Actual versus Expected Graphs
Actual versus Expected graphs give a visual representation of the fit with the data. They each compare model responses with actual responses in different ways. The user selects the variable of interest among the columns from the training dataset, excluding the target, whether they were used in the training or not. The variable of interest is binned in 20 bins maximum when it is numerical, grey bars represent the weights of each bin in the dataset.
- The Base Graph: To compute the base response, the features other than the variable of interest are set to their base value. The base value is defined as the mode of the distribution of the feature (when binned if is numerical). For each bin, the base predictions are weighted with the predefined weights. Thereby, the shows the pure effect of the feature on the response. When selecting a variable that is not included in the model, it displays a straight horizontal line.
- The Predicted Graph: The predicted response is computed using the data points that belong to a bin. The prediction is weighted with the defined weights. Predicted values differ from one bin to another even for features not included in the model. If the analyst notes some pattern in the actual response that is not reflected in the predicted response, he might consider including the variable in the model.
- The Ratio Graph: This last graph uses the same data as the predicted graph but instead of plotting Actual and Predicted responses side-to-side, plots their ratio. It helps compare differences for small actual values when small differences can be difficult to observe but still concerning.
Regression Splines: Custom Recipe
Regression splines is a feature engineering technique that allows for defining the relationship between a feature and the response. The recipe computes the spline basis variables that can then be used as features of the model. The user needs to input:
- The column name on which the splines be computed should be a numerical column.

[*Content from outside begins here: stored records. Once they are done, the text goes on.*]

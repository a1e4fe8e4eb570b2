-- ===== src/Membrane/Registry.antt =====
-- membrane/registry.py: the operator's table of providers, validated into `ProviderSpec`s that hold
-- references to secrets and never a secret.
-- A value of the table is a text, a Boolean, absent as `None`, or any other value, of which the code
-- only asks its truth. A provider's table is `none` where the value is no mapping. Each `ValueError`
-- has a constructor of its own. Sets of field names are lists.
pub mod Accepted
mod Examples
use Prim.Native.String.{◌++◌ as append}
use kagura_agent.Prelude.{
  ℕ, String, Bool, true, false, not, ◌&&◌, ◌||◌, Option, none, some, List, [], ◌∷◌, ◌++◌, map, ◌==◌,
  leb, eqb, if◌then◌else◌, Result, ok, raised, bind,
}
use kagura_agent.Prelude.Dict
use kagura_agent.Prelude.Dict.{Dict}
use kagura_agent.Prelude.Text.{codes, strip, is_empty, member}

pub data Value : Type 0 where
  null : Value
  text : String → Value
  boolean : Bool → Value
  other : Bool → Value

pub data ValueError : Type 0 where
  empty_name invalid_name no_table missing_kind unknown_kind inline_secret unknown_field :
      ValueError
  missing_field empty_field bad_consent ambiguous_secret bad_reference missing_secret : ValueError

pub record SecretRef : Type 0 where
  pub name : String
  pub required : Bool
  pub suffixes : List String

pub record FieldSchema : Type 0 where
  pub required : List String
  pub optional : List String
  pub secrets : List SecretRef

abbrev pub secret_suffixes : List String
secret_suffixes = "_env" ∷ "_file" ∷ "_keyring" ∷ []

-- a secret that every backend may hold
abbrev pub secret : String → Bool → SecretRef
secret name required = record { name = name; required = required; suffixes = secret_suffixes }

abbrev pub fields_of : List String → List String → SecretRef → FieldSchema
fields_of required optional ref = record {
  required = required;
  optional = optional;
  secrets = ref ∷ [];
}

unfoldable pub kind_schema : String → Option FieldSchema
kind_schema kind =
    if kind == "aws_sts"
    then some
        (fields_of ("role_arn" ∷ []) ("region" ∷ "session_name" ∷ []) (secret "parent_token" false))
    else if kind == "gcp_impersonation"
    then some (
        fields_of ("service_account" ∷ []) ("token_lifetime" ∷ "delegates" ∷ [])
          (secret "parent_token" false))
    else if kind == "github_app"
    then some (fields_of ("app_id" ∷ "installation_id" ∷ []) [] (secret "private_key" true))
    else if kind == "cloudflare"
    then some (fields_of ("account_id" ∷ []) ("zone_id" ∷ []) (secret "parent_token" true))
    else if kind == "memory_cloud"
    then some (fields_of [] ("base_url" ∷ "context_id" ∷ []) (secret "parent_token" true))
    else if kind == "static_env"
    then some (
        fields_of [] ("standing_secret" ∷ [])
          (record { name = "value"; required = true; suffixes = "_env" ∷ [] }))
    else none

abbrev pub bare_secret_denylist : List String
bare_secret_denylist =
    "parent_token" ∷ "private_key" ∷ "api_key" ∷ "api_secret" ∷ "api_token" ∷ "auth_token"
    ∷ "refresh_token" ∷ "oauth_token" ∷ "access_token" ∷ "bearer_token" ∷ "bot_token" ∷ "token"
    ∷ "secret" ∷ "secret_key" ∷ "service_key" ∷ "signing_secret" ∷ "webhook_secret"
    ∷ "client_secret" ∷ "password" ∷ "passwd" ∷ []

unfoldable pub is_letter : ℕ → Bool
is_letter c = (leb 65 c && leb c 90) || (leb 97 c && leb c 122)

unfoldable pub is_digit : ℕ → Bool
is_digit c = leb 48 c && leb c 57

-- `[A-Za-z0-9._-]`
unfoldable pub is_name_char : ℕ → Bool
unfolding is_letter is_digit
is_name_char c = is_letter c || is_digit c || eqb c 46 || eqb c 95 || eqb c 45

-- `[A-Za-z0-9._-]*$`: the `$` of `re.match` also stands before a line feed that ends the text.
unfoldable pub name_rest : List ℕ → Bool
unfolding is_name_char
name_rest [] = true
name_rest (c ∷ []) = is_name_char c || eqb c 10
name_rest (c ∷ d ∷ cs) = is_name_char c && name_rest (d ∷ cs)

-- `_PROVIDER_NAME_RE.match(name)`
unfoldable pub is_provider_name : List ℕ → Bool
unfolding name_rest is_name_char
is_provider_name [] = false
is_provider_name (c ∷ cs) = is_name_char c && name_rest cs

unfoldable pub env_rest : List ℕ → Bool
unfolding is_letter is_digit
env_rest [] = true
env_rest (c ∷ cs) = (is_letter c || is_digit c || eqb c 95) && env_rest cs

-- `_ENV_NAME_RE.fullmatch(val)`
unfoldable pub is_env_name : List ℕ → Bool
unfolding is_letter env_rest
is_env_name [] = false
is_env_name (c ∷ cs) = (is_letter c || eqb c 95) && env_rest cs

abbrev pub Table : Type 0
Table = Dict Value

unfoldable pub has_field : Table → String → Bool
has_field d k = elim (Dict.get d k) [ none ↦ false | some _ ↦ true ]

unfoldable pub present_of : String → List String → Table → List String
unfolding has_field
present_of name [] fields = []
present_of name (suf ∷ rest) fields =
    let others = present_of name rest fields in
    if has_field fields (append name suf) then suf ∷ others else others

-- `present_suffix_field`: the suffixes whose field is set
unfoldable pub present_suffix_field : SecretRef → Table → List String
unfolding present_of
present_suffix_field ref fields = present_of ref.name ref.suffixes fields

pub record ProviderSpec : Type 0 where
  pub name : String
  pub kind : String
  pub fields : Table

abbrev pub secret_names : List SecretRef → List String
secret_names = map (λ ref. ref.name)

abbrev pub ref_keys : List SecretRef → List String
ref_keys [] = []
ref_keys (ref ∷ refs) = map (append ref.name) ref.suffixes ++ ref_keys refs

abbrev pub allowed : FieldSchema → List String
allowed schema = schema.required ++ schema.optional ++ ref_keys schema.secrets ++ "kind" ∷ []

unfoldable pub check : Bool → ValueError → Result ValueError (Unit {0})
check true e = ok tt
check false e = raised e

unfoldable pub check_key : FieldSchema → String → Result ValueError (Unit {0})
unfolding member
check_key schema key =
    if member key (secret_names schema.secrets)
    then raised inline_secret
    else if member key bare_secret_denylist
    then raised inline_secret
    else if member key (allowed schema)
    then ok tt
    else raised unknown_field

-- the loop over the items of the table
unfoldable pub copy_fields : FieldSchema → Table → Result ValueError Table
unfolding check_key
copy_fields schema [] = ok []
copy_fields schema ((key, value) ∷ table) =
    let rest = copy_fields schema table in
    if key == "kind"
    then rest
    else bind (check_key schema key) λ _. bind rest λ fields. ok ((key, value) ∷ fields)

unfoldable pub all_present : List String → Table → Bool
unfolding has_field
all_present [] fields = true
all_present (k ∷ ks) fields = has_field fields k && all_present ks fields

unfoldable pub is_blank : Option Value → Bool
unfolding strip is_empty
is_blank none = true
is_blank (some null) = true
is_blank (some (text s)) = is_empty (strip s)
is_blank (some (boolean b)) = not b
is_blank (some (other t)) = not t

unfoldable pub none_blank : List String → Table → Bool
unfolding is_blank
none_blank [] fields = true
none_blank (k ∷ ks) fields = not (is_blank (Dict.get fields k)) && none_blank ks fields

unfoldable pub consent_ok : Option Value → Bool
consent_ok none = true
consent_ok (some null) = true
consent_ok (some (boolean b)) = true
consent_ok (some _) = false

unfoldable pub reference_ok : String → Option Value → Bool
unfolding is_env_name strip is_empty
reference_ok suf (some (text s)) =
    if suf == "_env" then is_env_name (codes s) else not (is_empty (strip s))
reference_ok suf _ = false

-- one turn of the loop over the secrets, for the suffixes that are present
unfoldable pub check_present : SecretRef → Table → List String → Result ValueError (Unit {0})
unfolding check reference_ok
check_present ref fields [] = check (not ref.required) missing_secret
check_present ref fields (suf ∷ []) =
    check (reference_ok suf (Dict.get fields (append ref.name suf))) bad_reference
check_present ref fields (_ ∷ _ ∷ _) = raised ambiguous_secret

unfoldable pub check_secrets : List SecretRef → Table → Result ValueError (Unit {0})
unfolding check_present present_suffix_field
check_secrets [] fields = ok tt
check_secrets (ref ∷ refs) fields =
    let rest = check_secrets refs fields in
    bind (check_present ref fields (present_suffix_field ref fields)) λ _. rest

-- `_parse_one` once the schema of the kind is known
unfoldable pub parse_as : FieldSchema → String → String → Table → Result ValueError ProviderSpec
unfolding copy_fields check all_present none_blank consent_ok check_secrets
parse_as schema name kind table = bind (copy_fields schema table) λ fields.
    bind (check (all_present schema.required fields) missing_field) λ _.
      bind (check (none_blank schema.required fields) empty_field) λ _.
        bind (check (consent_ok (Dict.get fields "standing_secret")) bad_consent) λ _.
          bind (check_secrets schema.secrets fields)
            λ _. ok (record { name = name; kind = kind; fields = fields })

unfoldable pub parse_kind : String → Table → Option Value → Result ValueError ProviderSpec
unfolding kind_schema parse_as
parse_kind name table none = raised missing_kind
parse_kind name table (some null) = raised missing_kind
parse_kind name table (some (text kind)) = elim (kind_schema kind) [
  | none ↦ raised unknown_kind
  | some schema ↦ parse_as schema name kind table
]
parse_kind name table (some _) = raised unknown_kind

unfoldable pub parse_one : String → Option Table → Result ValueError ProviderSpec
unfolding check is_provider_name strip is_empty parse_kind
parse_one name table = bind (check (not (is_empty (strip name))) empty_name) λ _.
    bind (check (is_provider_name (codes name)) invalid_name)
      λ _. elim table [ none ↦ raised no_table | some t ↦ parse_kind name t (Dict.get t "kind") ]

unfoldable pub parse_registry : Dict (Option Table) → Result ValueError (List ProviderSpec)
unfolding parse_one
parse_registry [] = ok []
parse_registry ((name, table) ∷ rest) =
    let others = parse_registry rest in
    bind (parse_one name table) λ spec. bind others λ specs. ok (spec ∷ specs)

- The eventual knots of the splines, these are the points at which parts of the splines intersect.
- The degree of the polynomial that is used to build the spline.
- The prefix of the new columns that will be created. There be as many new columns as the sum of number of knots and degrees.
Regression Splines: Custom Prepare Step
Users can choose to compute regression splines basis via a custom recipe or as a Prepare step in a Prepare recipe. It works in a very similar way as the custom recipe, but computation is done row by row. Therefore, the user must set the lower and upper bounds of the spline. The processing fails if data points fall under the lower bound or over the upper bound.
- The GLM Summary View is only available when training non-partitioned GLMs. When training models other than this plugin’s GLM, an error will be raised when requesting the view. When training a partitioned GLM, the custom view section will not be available.
- By default, categorical variables are Dummy encoded and no Dummy is dropped. To avoid collinearity between variables, the user should select Drop Dummy > Drop one Dummy.
- By default, standard rescaling is applied to numerical variables. To make sure variables are not modified in the preprocessing, the user should select Rescaling > No rescaling. This is particularly important when using variables as offsets or exposures (in the case of exposure, as the log of variable is computed, an error be raised because of negative values).